> TASK: Take the material below and reproduce, word for word, only the lines from the line with "call = record" through the line with "bid value = record".

> RECORDS SHOWN:
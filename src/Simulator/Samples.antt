-- ===== src/Simulator/Samples.antt =====
-- A block, a bid on it and a batch, for the tests of the simulator.
use ethgas_reth.Base.{ℕ, true, false, List, [], ◌∷◌, Option, none, some, inr}
use ethgas_reth.Fallible.{done}
use ethgas_reth.Types.{B256}
use ethgas_reth.Simulator.Constraint.{PostBlock, ListedTransaction}
use ethgas_reth.Simulator.Disallowed.{steady}
use ethgas_reth.Simulator.Submission.{Engine, Views, Request}
use ethgas_reth.Simulator.Multisend.{Abi, ExecTransactionCall}
use ethgas_reth.Simulator.Multisend.RoundTrip.{Call, pack}
use ethgas_reth.Simulator.Types.{
  SubmittedTransaction, SubmittedBlock, BidTrace, Output, Chain, SealedHeader,
}

abbrev pub call : Call
call = record { operation = 0; to = 7; value = 5; payload = 1 ∷ 2 ∷ [] }

abbrev pub batch : ExecTransactionCall
batch = record { operation = 1; transaction_data = 1 ∷ [] }

abbrev pub abi : Abi
abi = record {
  decode_exec_transaction = λ _. some batch;
  decode_multi_send = λ _. some (pack (call ∷ []) []);
}

abbrev pub payment : SubmittedTransaction
payment = record {
  tx_hash = 1;
  sender = 3;
  to = some 7;
  input = [];
  value = 5;
  chain_id = some 1;
  effective_tip_per_gas = λ _. some 0;
}

abbrev pub chain : Chain
chain = record { id = 1; forwarder_account = done none; abi = abi }

abbrev pub block : SubmittedBlock
block = record {
  hash = 20;
  parent_hash = 19;
  number = 2;
  timestamp = 24;
  gas_limit = 100;
  gas_used = 21;
  beneficiary = 4;
  state_root = 6;
  base_fee_per_gas = some 1;
  transactions = payment ∷ [];
  withdrawals = some [];
  rlp_length = 500;
}

abbrev pub bid : ℕ → BidTrace
bid value = record {
  block_hash = 20;
  parent_hash = 19;
  gas_limit = 100;
  gas_used = 21;
  proposer_fee_recipient = 7;
  value = value;
}

abbrev pub output : Output
output = record { receipts = true ∷ []; accounts = [] }

-- A transaction is the first of its bytes, and a run of it never gives an outcome.
abbrev pub post : PostBlock
post = record {
  Evm = Unit {0};
  Transaction = ℕ;
  recover_raw_transaction = λ bytes. elim bytes [ [] ↦ none | b ∷ _ ↦ some b ];
  transact = λ tx evm. (false, evm);
}

abbrev pub listed : List ListedTransaction
listed = record { hash = 1; bytes = [] } ∷ record { hash = 2; bytes = 5 ∷ [] } ∷ []

-- Reads are the hash of the block on whose state they were made; a provider is that hash as well.
abbrev pub engine : Engine
engine = record {
  StateProvider = B256;
  CachedReads = Option B256;
  State = Unit {0};
  BlockAccessList = Unit {0};
  HashedPostState = Unit {0};
  no_reads = none;
  extend_reads = λ a b. b;
  validate_header = λ _. none;
  validate_block_pre_execution = λ _. none;
  validate_header_against_parent = λ _ _. none;
  validate_block_post_execution = λ _ _ _. none;
  state_by_block_hash = λ hash. done hash;
  execute_one = λ provider _ _. inr (output, none, tt, some provider);
  validate_gas_limit = λ _ _. none;
  compute_hash = λ _. 0;
  accounts = λ _. 3 ∷ 7 ∷ [];
  post = post;
  evm_for_block = λ _ _. some tt;
  hashed_post_state = λ _ _. done tt;
  state_root = λ _ _. done 6;
}

abbrev pub parent : SealedHeader
parent = record { hash = 19; number = 1 }

abbrev pub views : Views engine
views = record {
  disallow = steady (99 ∷ []);
  disallow_after = steady (99 ∷ []);
  headers = record { latest_header = done (some parent); sealed_header_by_hash = λ _. done none };
  chain = chain;
  cache = (19, some 19);
  cache_after = (18, some 18);
}

abbrev pub request : Request engine
request = record {
  apply_blacklist = true;
  inclusion_list = some listed;
  base_payment_tx_index = none;
}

> OUTPUT OF THE EXERCISE:
call = record { operation = 0; to = 7; value = 5; payload = 1 ∷ 2 ∷ [] }

abbrev pub batch : ExecTransactionCall
batch = record { operation = 1; transaction_data = 1 ∷ [] }

abbrev pub abi : Abi
abi = record {
  decode_exec_transaction = λ _. some batch;
  decode_multi_send = λ _. some (pack (call ∷ []) []);
}

abbrev pub payment : SubmittedTransaction
payment = record {
  tx_hash = 1;
  sender = 3;
  to = some 7;
  input = [];
  value = 5;
  chain_id = some 1;
  effective_tip_per_gas = λ _. some 0;
}

abbrev pub chain : Chain
chain = record { id = 1; forwarder_account = done none; abi = abi }

abbrev pub block : SubmittedBlock
block = record {
  hash = 20;
  parent_hash = 19;
  number = 2;
  timestamp = 24;
  gas_limit = 100;
  gas_used = 21;
  beneficiary = 4;
  state_root = 6;
  base_fee_per_gas = some 1;
  transactions = payment ∷ [];
  withdrawals = some [];
  rlp_length = 500;
}

abbrev pub bid : ℕ → BidTrace
bid value = record {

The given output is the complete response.